What has surprised, altered or fascinated you the most since you started working?
In our field there have been great advances in recent years, impressive, but if there is something to highlight I would say that is the wifi. This closed an interesting loop: Computing (applications) / Internet (digital communication) / Telephony (almost universal use). So something very strong was built.
From another point of view, I remember that I used to say with computer viruses “that’s impossible” and now, look! [Laughs] Then I was professor of operating systems and architecture, and at first we didn't think it was possible, but then we learned how they were done and what measures to take.
From a negative point of view, it is worth highlighting the knowledge of Google and its use by Google, without just asking permission. They offer us a very good service, theoretically without charging anything, but we pay, we pay and the price is information. In the end, these big multinationals have more power than the states, because they have all the information.
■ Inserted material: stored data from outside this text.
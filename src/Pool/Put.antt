-- ===== src/Pool/Put.antt =====
-- `pool_put` of pool.c.
use fast_http.Prelude.{
  ℕ, ◌+◌, ◌-◌, ◌/◌, ◌^◌, ◌≤◌, ◌<◌, ◌≡◌, ◌≢◌, refl, sym, ap, subst, ◌∙◌, Bool, true, false, ◌&&◌,
  arith, bit_and, ltb, leb, ◌==◌, if◌then◌else◌, set, get_or, inl, inr, Bool-cases, dec_le, ==_iff,
}
use native.Mathlib.Nat.{div-lt_iff_lt-mul}
use fast_http.Pool.{Pool, node_size, in_block, pool_put, remove}
use fast_http.Pool.Slots.{given_back, get_or-set_ne}
use fast_http.Pool.Held.{IsValid, held, elem, slot_of, within_slot, same_slot}
use fast_http.Pool.Nodes.{elem-remove, elem-remove_other, Distinct-remove}
use fast_http.Pool.Change.{held-changed, held-unchanged, held-in_block, held_outside}

-- What a call leaves for an object that was given out.
pub record Puts (p : Pool) (object : ℕ) (after : Pool) : Type 0 where
  pub valid : IsValid after
  pub is_free : held after object ≡ false
  pub others : (q : ℕ) → q ≢ object → held after q ≡ held p q

abbrev cleared : Pool → ℕ → Pool
cleared p i = record p {
  last = if ltb (i / 2 ^ 5) p.last then i / 2 ^ 5 else p.last;
  bits =
      set p.bits (i / 2 ^ 5)
        (bit_and (get_or p.bits (i / 2 ^ 5) 0) (2 ^ 32 - 1 - 2 ^ bit_and i 31));
}

abbrev dropped : Pool → ℕ → Pool
dropped p entry = record p { head = remove (entry - node_size) p.head }

put_inside :
    (p : Pool) (entry : ℕ)
    → in_block p entry ≡ true
    → pool_put p entry ≡ cleared p (slot_of p entry)
unfolding pool_put
put_inside p entry h = rw (pool_put, h) refl

put_outside : (p : Pool) (entry : ℕ) → in_block p entry ≡ false → pool_put p entry ≡ dropped p entry
unfolding pool_put
put_outside p entry h = rw (pool_put, h) refl

in_range : {p : Pool} (q : ℕ) → IsValid p → in_block p q ≡ true → slot_of p q < p.capacity
in_range {p} q v h =
    (div-lt_iff_lt-mul {k = p.size} {x = q - (p.data_at + p.capacity / 2 ^ 3)} {y = p.capacity}
        v.sized).1
      (ground (arith, v.fits))

both : (a b : Bool) → (a && b) ≡ true → a ≡ true
both true b h = refl
both false b h = h

put_slot :
    {p : Pool} (entry : ℕ)
    → IsValid p
    → in_block p entry ≡ true
    → held p entry ≡ true
    → Puts p entry (cleared p (slot_of p entry))
put_slot {p} entry v inside given =
    let i = slot_of p entry in
    let l = if ltb (i / 2 ^ 5) p.last then i / 2 ^ 5 else p.last in
    let low = in_range entry v inside in
    let d = given_back p.bits i (omega (arith, low, v.whole)) in
    let aligned : within_slot p entry ≡ 0 =
      (==_iff (within_slot p entry) 0).0
        (both (within_slot p entry == 0) _ (sym (held-in_block p entry inside) ∙ given)) in
    let place = same_slot p entry inside aligned in
    let least : l ≤ p.last = ground arith in
    let least' : l ≤ i / 32 = ground arith in
    record {
      valid = record {
        whole = omega (arith, v.whole, d.same_length);
        fits = v.fits;
        sized = v.sized;
        words = d.words v.words;
        last_in = omega (arith, d.same_length, least, v.last_in);
        full = λ m h.
            get_or-set_ne p.bits (i / 32) m _ (omega (arith, least'))
            ∙ v.full m (omega (arith, least));
        distinct = v.distinct;
      };
      is_free = ap (held (cleared p i)) place ∙ held-changed p l v low d;
      others = λ q other. held-unchanged p l v low d q (λ e. other (e ∙ sym place));
    }

put_node :
    {p : Pool} (entry : ℕ)
    → IsValid p
    → in_block p entry ≡ false
    → held p entry ≡ true
    → Puts p entry (dropped p entry)
put_node {p} entry v outside given =
    let far : leb node_size entry ≡ true =
      both (leb node_size entry) _ (sym (held_outside p entry outside) ∙ given) in
    record {
      valid = record {
        whole = v.whole;
        fits = v.fits;
        sized = v.sized;
        words = v.words;
        last_in = v.last_in;
        full = v.full;
        distinct = Distinct-remove (entry - node_size) p.head v.distinct;
      };
      is_free =
          held_outside (dropped p entry) entry outside
          ∙ rw far (elem-remove (entry - node_size) p.head v.distinct);
      others = λ q other. elim (Bool-cases (in_block p q)) [
        | inl inside ↦ held-in_block (dropped p entry) q inside ∙ sym (held-in_block p q inside)
        | inr out ↦
            held_outside (dropped p entry) q out
            ∙ (same q other (ground (arith, far)) (dec_le 16 q) ∙ sym (held_outside p q out))
      ];
    }
  where
    same :
        (q : ℕ)
        → q ≢ entry
        → 16 ≤ entry
        → Dec (16 ≤ q)
        → (leb node_size q && elem (q - node_size) (remove (entry - node_size) p.head))
          ≡ (leb node_size q && elem (q - node_size) p.head)
    same q other far (yes enough) =
        ap (λ b. leb node_size q && b)
          (elem-remove_other (entry - 16) (q - 16) p.head (omega arith))
    same q other far (no small) = let test : leb 16 q ≡ false = ground arith in rw test refl

-- `pool_put` of an object that was given out takes it back, leaves every other as it was, and the pool
-- well formed.
pub pool_put_lem :
    {p : Pool} (entry : ℕ) → IsValid p → held p entry ≡ true → Puts p entry (pool_put p entry)
pool_put_lem {p} entry v given = elim (Bool-cases (in_block p entry)) [
  | inl inside ↦
      subst (Puts p entry) (sym (put_inside p entry inside)) (put_slot entry v inside given)
  | inr outside ↦
      subst (Puts p entry) (sym (put_outside p entry outside)) (put_node entry v outside given)
]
What would you like to witness the revolution or the discovery in your career?
I am not able to make very long term predictions, but, for example, I think that within ten years we will have a sufficiently developed machine translation and we will have the opportunity to travel to any place where we speak in our language, respond themselves and listen in their own language what the other has said through a mobile phone or bracelet and a listening device. I think it is feasible in a not too long term, and I think it may be beneficial for minority languages.
In another order of things, I would say that in the next ten years we will see the most important changes in the field of robotics and artificial intelligence. I don't know what it will be. In addition, all the technology is double and I do not see clearly the path that will follow. But surely the change will come.